→ **Collected data**
>>>

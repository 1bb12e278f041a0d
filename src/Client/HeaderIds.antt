-- ===== src/Client/HeaderIds.antt =====
-- src/common/client.ts, `_nextHeaderId`: header IDs count the messages of each topic, as unsigned
-- 32-bit integers.
use text.Mathlib.TextEquality.{eq_iff}
use vda_5050_lib_2_0_0_js.Prelude.{
  ℕ, zero, suc, ◌+◌, ◌<◌, ◌%◌, ◌≡◌, String, String-Eq, ◌==◌, if◌then◌else◌, ltb, arith,
}
use vda_5050_lib_2_0_0_js.JsMap.Laws.{get-set}
use vda_5050_lib_2_0_0_js.Client.{Client, header_id_of, next_header_id, max_header_id}

-- The client after `n` messages of a topic.
unfoldable pub after_messages : ℕ → String → Client → Client
after_messages zero topic c = c
after_messages (suc n) topic c = (next_header_id topic (after_messages n topic c)).0

header_id_of-next :
    (topic other : String) (c : Client)
    → header_id_of other (next_header_id topic c).0 ≡ (
        if topic == other
        then (if ltb (header_id_of topic c) max_header_id then header_id_of topic c + 1 else 0)
        else header_id_of other c)
unfolding next_header_id
header_id_of-next topic other c = ground (
  arith,
  get-set other topic
      (if ltb (header_id_of topic c) max_header_id then header_id_of topic c + 1 else 0)
      c.header_ids,
)

-- After `n` messages of a topic, whose header ID was in range, the next one of this topic is `n`
-- further on, modulo 2 ^ 32, and that of every other topic is as before.
pub header_id_of-after_messages :
    (n : ℕ) (topic other : String) (c : Client)
    → header_id_of topic c < 4294967296
    → header_id_of other (after_messages n topic c)
      ≡ (if topic == other then (header_id_of topic c + n) % 4294967296 else header_id_of other c)
unfolding after_messages
header_id_of-after_messages zero topic other c h = ground (arith, eq_iff topic other)
header_id_of-after_messages (suc n) topic other c h = ground (
  arith,
  header_id_of-next topic other (after_messages n topic c),
  header_id_of-after_messages n topic other c h,
  header_id_of-after_messages n topic topic c h,
  eq_iff topic topic,
)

<<<

→ **EXERCISE OBJECTIVE**
All of the data is to be transcribed exactly as written.

→ **ANSWER SPACE**
repository 1bb12e278f041a0d
filename src/Client/HeaderIds.antt
-- ===== src/Client/HeaderIds.antt =====
-- src/common/client.ts, `_nextHeaderId`: header IDs count the messages of each topic, as unsigned
-- 32-bit integers.
use text.Mathlib.TextEquality.{eq_iff}
use vda_5050_lib_2_0_0_js.Prelude.{
  ℕ, zero, suc, ◌+◌, ◌<◌, ◌%◌, ◌≡◌, String, String-Eq, ◌==◌, if◌then◌else◌, ltb, arith,
}
use vda_5050_lib_2_0_0_js.JsMap.Laws.{get-set}
use vda_5050_lib_2_0_0_js.Client.{Client, header_id_of, next_header_id, max_header_id}

-- The client after `n` messages of a topic.
unfoldable pub after_messages : ℕ → String → Client → Client
after_messages zero topic c = c
after_messages (suc n) topic c = (next_header_id topic (after_messages n topic c)).0

header_id_of-next :
    (topic other : String) (c : Client)
    → header_id_of other (next_header_id topic c).0 ≡ (
        if topic == other
        then (if ltb (header_id_of topic c) max_header_id then header_id_of topic c + 1 else 0)
        else header_id_of other c)
unfolding next_header_id
header_id_of-next topic other c = ground (
  arith,
  get-set other topic
      (if ltb (header_id_of topic c) max_header_id then header_id_of topic c + 1 else 0)
      c.header_ids,
)

-- After `n` messages of a topic, whose header ID was in range, the next one of this topic is `n`
-- further on, modulo 2 ^ 32, and that of every other topic is as before.
pub header_id_of-after_messages :
    (n : ℕ) (topic other : String) (c : Client)
    → header_id_of topic c < 4294967296
    → header_id_of other (after_messages n topic c)
      ≡ (if topic == other then (header_id_of topic c + n) % 4294967296 else header_id_of other c)
unfolding after_messages
header_id_of-after_messages zero topic other c h = ground (arith, eq_iff topic other)
header_id_of-after_messages (suc n) topic other c h = ground (
  arith,
  header_id_of-next topic other (after_messages n topic c),
  header_id_of-after_messages n topic other c h,
  header_id_of-after_messages n topic topic c h,
  eq_iff topic topic,
)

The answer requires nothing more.